Additum (6 apr 2013): Grüße zu deutschen Lesern! Tut mir leid. Ich kann nicht gutes Deutsch schreiben, aber ich habe auf diesen Artikel auf Englisch hier geantwortet. Herzlich, Dr. Peters.

The background to this controversy is the antinomianism that prevails today.

The Church is passing through a period in which the relationship between ecclesiastical law and the life of faith is widely misunderstood and the very content of Church law is often poorly explained. My attempts to address this double problem include explaining how law is important to a faith community, but even more, I try to explain what the law is at present—for one can hardly debate how ecclesiastical law ought to read if one does not know what it already says.

The controversy over Pope Francis’ disregard of a liturgical law in the Mandatum rite exposes, I think, how many others in the Church misunderstand important aspects of ecclesiastical law and how a misguided attempt to explain Church law can actually provoke more issues for the faithful than it settles.

A Vatican Press Office statement asserts:

“One can easily understand that in a great celebration, men would be chosen for the foot washing because Jesus, himself wash[ed] the feet of the twelve apostles who were male.  However the ritual of the washing of the feet on Holy Thursday evening in the Juvenile Detention Centre in Rome took place in a particular, small community that included young women.”

Such language, I fear, confuses matters.

The basic meaning of a rite, and certainly the interpretation to be given a rubric like this one, does not depend on the number of people attending the liturgy. No theory is offered to show that in large congregations Christ’s modeling of apostolic ministry is intended by the Mandatum, but in small congregations his modeling of love is intended.

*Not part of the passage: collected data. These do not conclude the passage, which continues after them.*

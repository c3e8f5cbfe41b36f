-- ===== src/Tests/Rings.antt =====
-- The consistent hashing of the control plane on small inputs (katran/lib/CHHelpers.cpp,
-- katran/lib/Vip.cpp), and the witnesses of its theorems.
use katran.Base.{
  ℕ, zero, suc, ◌+◌, ◌*◌, ◌≡◌, ◌≢◌, refl, ◌⊎◌, inl, inr, true, if◌then◌else◌, ◌==◌, Option, none,
  some, List, [], ◌∷◌, arith,
}
use katran.Maglev.{
  Endpoint, Ring, Walker, free_slot, taken, slot, seek, place, turns, round, rounds,
  gen_maglev_permutation, gen_permutations, generate_maglev_hash, k_default_ch_ring_size,
}
use katran.Maglev.Inverse.{IsPrime}
use katran.Maglev.Generate.{numbered, generate_maglev_hash-numbered}
use katran.Maglev.Wraps.{seek_stuck}

factor_five : (a b : ℕ) → a * b ≡ 5 → (a ≡ 1) ⊎ (b ≡ 1)
factor_five zero b e = inl (omega arith)
factor_five (suc zero) b e = inl refl
factor_five (suc (suc zero)) b e = inl (omega arith)
factor_five (suc (suc (suc zero))) b e = inl (omega arith)
factor_five (suc (suc (suc (suc zero)))) b e = inl (omega arith)
factor_five (suc (suc (suc (suc (suc zero))))) b e = inr (omega arith)
factor_five (suc (suc (suc (suc (suc (suc n)))))) zero e = inl (omega arith)
factor_five (suc (suc (suc (suc (suc (suc n)))))) (suc b) e = inl (omega arith)

pub five-IsPrime : IsPrime 5
five-IsPrime = record { two_le = omega arith; factor = factor_five }

abbrev pub toy_murmur : ℕ → ℕ → ℕ → ℕ
toy_murmur hash a b = hash * 3 + a + b

abbrev pub first : Endpoint
first = record { num = 7; weight = 1; hash = 10 }

abbrev pub second : Endpoint
second = record { num = 8; weight = 2; hash = 21 }

abbrev to_list : ℕ → Ring → List ℕ
to_list zero r = []
to_list (suc n) r = r n ∷ to_list n r

abbrev slots : ℕ → Option Ring → List ℕ
slots n none = []
slots n (some r) = to_list n r

toy_ring :
    slots 5 (generate_maglev_hash toy_murmur 5 (first ∷ second ∷ [])) ≡ 7 ∷ 8 ∷ 7 ∷ 8 ∷ 8 ∷ []
unfolding generate_maglev_hash gen_permutations gen_maglev_permutation rounds round turns place seek
    slot
toy_ring = refl

generate_maglev_hash-numbered_example :
    (ring : Ring) × ((generate_maglev_hash toy_murmur 5 (first ∷ second ∷ []) ≡ some ring)
      × (numbered (first ∷ second ∷ []) ring 5 ≡ true))
unfolding gen_maglev_permutation
generate_maglev_hash-numbered_example =
    generate_maglev_hash-numbered toy_murmur 5 first (second ∷ []) five-IsPrime (omega arith) (
      record { num_lt = omega arith; heavy = omega arith; no_wrap = omega arith },
      (record { num_lt = omega arith; heavy = omega arith; no_wrap = omega arith }, tt),
    )

-- One free slot is left: the one after the offset.
abbrev almost_full : Ring
almost_full k = if k == 101 then free_slot else 5

abbrev wide_walker : Walker
wide_walker = record { num = 6; weight = 1; offset = 100; skip = 65536; next = 0 }

almost_full-taken : (k : ℕ) → k ≢ 101 → taken (almost_full k) ≡ true
almost_full-taken k h = ground arith

seek_stuck_example : seek 70000 k_default_ch_ring_size almost_full wide_walker ≡ none
seek_stuck_example = seek_stuck 70000 almost_full wide_walker refl (omega arith) almost_full-taken
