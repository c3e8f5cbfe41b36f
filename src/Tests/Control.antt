-- ===== src/Tests/Control.antt =====
-- A control plane with two reals behind one VIP (katran/lib/KatranLb.cpp), and the witnesses of the
-- theorems on it.
use katran.Base.{
  ℕ, ◌+◌, ◌*◌, ◌^◌, ◌≤◌, ◌≡◌, refl, Bool, true, false, inr, Option, none, some, List, [], ◌∷◌, ltb,
  one_if, arith,
}
use katran.Base.{number_key, find, erase, write, count, total}
use katran.Maglev.{
  slot, seek, place, turns, round, rounds, gen_maglev_permutation, gen_permutations,
  generate_maglev_hash,
}
use katran.Vip.{
  Vip, new_vip, add, del, get_reals, update_by, update_reals, weighted, insert_endpoint,
  sort_endpoints, get_endpoints, compare_rings, rebuild, batch_reals_update,
}
use katran.Lb.{
  Lb, Env, Features, IpAddress, ipv4, RealMeta, VipKey, NewReal, Text, parse_addr_to_be,
}
use katran.Lb.Keys.{ip_key, vip_key}
use katran.Lb.Reals.{
  bpf, validate_address, update_reals_map, take_num, increase_ref_count_for_real,
  decrease_ref_count_for_real,
}
use katran.Lb.Vips.{
  vip_definition, put_vip_map, emplace_vip, new_vip_num, add_vip, add_by, delete_by, modify_one,
  modify_each, update_rings, install, modify_reals, modify_reals_for_vip,
}
use katran.Lb.Sources.{size}
use katran.Lb.Claims.{claims, quic_claims}
use katran.Lb.Table.{used}
use katran.Lb.Run.{
  numbers_below, new_lb, adds_vip, adds_reals, step, cost, orderly, Reached, start, after_call,
}
use katran.Lb.Safety.{referenced_in_use, numbers_complete}
use katran.Lb.Table.Agree.{gives_address, has_number}
use katran.Lb.Rings.{rings, ring_map, ring_position, Holds, modify_reals_for_vip-Holds}
use katran.Tests.Rings.{toy_murmur}

abbrev toy_parse : Text → Option IpAddress
toy_parse [] = none
toy_parse (c ∷ cs) = some (ipv4 c)

abbrev pub toy_env : Env
toy_env = record {
  config = record {
    disable_forwarding = false;
    testing = false;
    enable_hc = true;
    max_vips = 2;
    max_reals = 3;
    ch_ring_size = 5;
    max_lpm_src_size = 10;
    max_decap_dst = 6;
  };
  parse = toy_parse;
  try_create_network = λ t. none;
  ip_hash = λ a. 4;
  murmur = toy_murmur;
  succeeds = λ cs c. true;
}

abbrev pub web : VipKey
web = record { address = 9 ∷ []; port = 80; proto = 6 }

abbrev pub features : Features
features = record { src_routing = true; inline_decap = true; direct_healthchecking = false }

abbrev real_at : ℕ → ℕ → NewReal
real_at c w = record { address = c ∷ []; weight = w }

abbrev two_reals : List NewReal
two_reals = real_at 50 1 ∷ real_at 60 2 ∷ []

abbrev pub fresh : Lb
fresh = new_lb toy_env [] features

abbrev with_vip : Lb
with_vip = (add_vip toy_env web 0 fresh).0

abbrev state_of : Option (Lb × Bool) → Lb
state_of none = fresh
state_of (some r) = r.0

abbrev pub with_reals : Lb
with_reals = state_of (modify_reals_for_vip toy_env add two_reals web with_vip)

abbrev without_one : Lb
without_one = state_of (modify_reals_for_vip toy_env del (real_at 50 0 ∷ []) web with_reals)

with_vip_numbers : with_vip.vip_nums ≡ 1 ∷ []
unfolding add_vip validate_address new_vip_num emplace_vip put_vip_map bpf new_lb numbers_below find
with_vip_numbers = refl

with_reals_numbers : with_reals.real_nums ≡ 2 ∷ []
unfolding add_vip validate_address new_vip_num emplace_vip put_vip_map bpf new_lb numbers_below find
    write new_vip vip_definition modify_reals_for_vip modify_reals modify_each modify_one add_by
    increase_ref_count_for_real take_num update_reals_map parse_addr_to_be get_reals
    batch_reals_update get_endpoints update_reals update_by weighted insert_endpoint sort_endpoints
    rebuild compare_rings generate_maglev_hash gen_permutations gen_maglev_permutation rounds round
    turns place seek slot install update_rings
with_reals_numbers = refl

pub with_reals-Reached : Reached toy_env 2 with_reals
unfolding add_vip validate_address new_vip_num emplace_vip put_vip_map bpf new_lb numbers_below find
    write new_vip vip_definition modify_reals_for_vip modify_reals modify_each modify_one add_by
    increase_ref_count_for_real take_num update_reals_map parse_addr_to_be get_reals
    batch_reals_update get_endpoints update_reals update_by weighted insert_endpoint sort_endpoints
    rebuild compare_rings generate_maglev_hash gen_permutations gen_maglev_permutation rounds round
    turns place seek slot install update_rings step cost orderly size
with_reals-Reached =
    after_call (adds_reals two_reals web)
      (after_call (adds_vip web 0) (start [] features) refl refl) refl refl

pub with_reals-claims : 1 ≤ claims with_reals 0
unfolding add_vip validate_address new_vip_num emplace_vip put_vip_map bpf new_lb numbers_below find
    write new_vip vip_definition modify_reals_for_vip modify_reals modify_each modify_one add_by
    increase_ref_count_for_real take_num update_reals_map parse_addr_to_be get_reals
    batch_reals_update get_endpoints update_reals update_by weighted insert_endpoint sort_endpoints
    rebuild compare_rings generate_maglev_hash gen_permutations gen_maglev_permutation rounds round
    turns place seek slot install update_rings total count
with_reals-claims = omega arith

pub with_reals-number : find number_key with_reals.num_to_reals 0 ≡ some (ipv4 50)
unfolding add_vip validate_address new_vip_num emplace_vip put_vip_map bpf new_lb numbers_below find
    write new_vip vip_definition modify_reals_for_vip modify_reals modify_each modify_one add_by
    increase_ref_count_for_real take_num update_reals_map parse_addr_to_be get_reals
    batch_reals_update get_endpoints update_reals update_by weighted insert_endpoint sort_endpoints
    rebuild compare_rings generate_maglev_hash gen_permutations gen_maglev_permutation rounds round
    turns place seek slot install update_rings
with_reals-number = refl

referenced_in_use_example :
    (a : IpAddress) × ((m : RealMeta) × ((find number_key with_reals.num_to_reals 0 ≡ some a)
        × ((find ip_key with_reals.reals a ≡ some m)
            × ((m.num ≡ 0)
                × ((claims with_reals 0 + quic_claims with_reals a ≤ m.ref_count)
                    × (count with_reals.real_nums 0 ≡ 0))))))
referenced_in_use_example =
    referenced_in_use toy_env 2 with_reals 0 with_reals-Reached (omega arith) with_reals-claims

numbers_complete_example :
    (count with_reals.real_nums 0 + used (find number_key with_reals.num_to_reals 0)
      ≡ one_if (ltb 0 3))
    × (gives_address (find number_key with_reals.num_to_reals 0) (ipv4 50)
        ≡ has_number (find ip_key with_reals.reals (ipv4 50)) 0)
numbers_complete_example =
    numbers_complete toy_env 2 with_reals 0 (ipv4 50) with_reals-Reached (omega arith)

abbrev vip_of : Option Vip → Vip
vip_of none = new_vip 0 0 5
vip_of (some v) = v

abbrev web_before : Vip
web_before = vip_of (find vip_key with_reals.vips web)

web_before-find : find vip_key with_reals.vips web ≡ some web_before
unfolding add_vip validate_address new_vip_num emplace_vip put_vip_map bpf new_lb numbers_below find
    write new_vip vip_definition modify_reals_for_vip modify_reals modify_each modify_one add_by
    increase_ref_count_for_real take_num update_reals_map parse_addr_to_be get_reals
    batch_reals_update get_endpoints update_reals update_by weighted insert_endpoint sort_endpoints
    rebuild compare_rings generate_maglev_hash gen_permutations gen_maglev_permutation rounds round
    turns place seek slot install update_rings
web_before-find = refl

web_before-fits :
    (web_before.ch_ring_size ≡ 5)
    × ((web_before.vip_num * 5 + 5 ≤ 2 ^ 32)
        × (rings toy_env with_reals (ring_position toy_env web_before.vip_num 2)
            ≡ web_before.ch_ring 2))
unfolding add_vip validate_address new_vip_num emplace_vip put_vip_map bpf new_lb numbers_below find
    write new_vip vip_definition modify_reals_for_vip modify_reals modify_each modify_one add_by
    increase_ref_count_for_real take_num update_reals_map parse_addr_to_be get_reals
    batch_reals_update get_endpoints update_reals update_by weighted insert_endpoint sort_endpoints
    rebuild compare_rings generate_maglev_hash gen_permutations gen_maglev_permutation rounds round
    turns place seek slot install update_rings ring_map
web_before-fits = (refl, (omega arith, refl))

abbrev last_result : Lb × Bool
last_result = (without_one, true)

deletion-returns :
    modify_reals_for_vip toy_env del (real_at 50 0 ∷ []) web with_reals ≡ some last_result
unfolding add_vip validate_address new_vip_num emplace_vip put_vip_map bpf new_lb numbers_below find
    write new_vip vip_definition modify_reals_for_vip modify_reals modify_each modify_one add_by
    increase_ref_count_for_real take_num update_reals_map parse_addr_to_be get_reals
    batch_reals_update get_endpoints update_reals update_by weighted insert_endpoint sort_endpoints
    rebuild compare_rings generate_maglev_hash gen_permutations gen_maglev_permutation rounds round
    turns place seek slot install update_rings delete_by decrease_ref_count_for_real erase
deletion-returns = refl

modify_reals_for_vip-Holds_example :
    (w : Vip) × ((find vip_key without_one.vips web ≡ some w)
      × ((w.vip_num ≡ web_before.vip_num) × Holds toy_env (λ cs c. refl) without_one w 2))
modify_reals_for_vip-Holds_example =
    modify_reals_for_vip-Holds toy_env (λ cs c. refl) del (real_at 50 0 ∷ []) web web_before
      with_reals last_result 2 refl refl web_before-find web_before-fits.0 web_before-fits.1.0
      (omega arith) (inr web_before-fits.1.1) deletion-returns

Asserting otherwise only sows confusion for other liturgical questions. Similarly, to say that the interpretation of this rubric turns on the presence of “young women” is to make effectively universal that odd interpretation (really: how many pastoral settings consist only of males?)

“To have excluded the young women from the ritual washing of feet on Holy Thursday night in this Roman prison, would have detracted our attention from the essence of the Holy Thursday Gospel…”

This unguarded language risks being understood as “following this Church law detracts attention from the essence of the Gospel”. I cannot imagine that this was really meant, but that is basically what is communicated. I do not think there is a conflict between Church law and the essence of the Gospel, notwithstanding that Church laws, from time to time, need to be reformed (as I have suggested the Mandatum rubric should be). In any case, this problematic language exemplifies why Vatican press statements are not vehicles of official legal interpretation in the Church. Canon law makes clear who has authority to authentically interpret Church laws (1983 CIC 16 § 1, ap. con. Pastor Bonus 154 ff., and certain congregations in regard to certain matters).

“… and the very beautiful and simple gesture of a father who desired to embrace those who were on the fringes of society; those who were not refined experts of liturgical rules.”

Again, this is unfortunate language.

The implication seems to be that rubrics are understandable by (and ultimately applicable only to) “refined experts of liturgical rules”. I disagree: many rubrics indeed reflect deep theological truths (and thus rubrics are often exercises in something more than legal positivism), but most rubrics are meant to be easily understandable by normal priests ministering in typical pastoral settings. It is a disservice to suggest that respect for Church law is primarily the concern of “refined experts” or that ecclesiastical law has little bearing on how believers should conduct their faith life.

“That the Holy Father, Francis, washed the feet of young men and women on his first Holy Thursday as Pope, should call our minds and hearts to the simple and spontaneous gesture of love, affection, forgiveness and mercy of the Bishop of Rome, more than to legalistic, liturgical or canonical discussions.”

I agree that Francis’ action achieved this good effect.

What I find distressing is the inability to recognize (or refusal to acknowledge) that this action also had other effects, effects that might not be so benign. I have argued that among those effects was the sowing of new confusion about the binding character of liturgical laws in general, about the influence of a pope on good order in the community, and so on. Now, to be sure, there are sound answers to these questions, but they are not easily offered in the middle of the Triduum and splashed across secular news stories and blogs. This whole matter should have been handled differently from the start.

Finally, this sort of language pits “love, affection, forgiveness and mercy” against “legalistic, liturgical or canonical discussions.” Thus accepted is the well-worn but false dichotomy between the spiritual goods of the Church and her legal traditions. Such a charge is often leveled against canon law today, but it was expressly rejected by Pope John Paul II when he wrote that Church law “is in no way intended as a substitute for faith, grace, charisms, and especially charity in the life of the Church and of the faithful. On the contrary, its purpose is rather to create such an order in the ecclesial society that, while assigning the primacy to love, grace, and charisms, it at the same time renders their organic development easier in the life of both the ecclesial society and the individual persons who belong to it.” John Paul II, ap. con. Sacrae disciplinae leges (1983) 16.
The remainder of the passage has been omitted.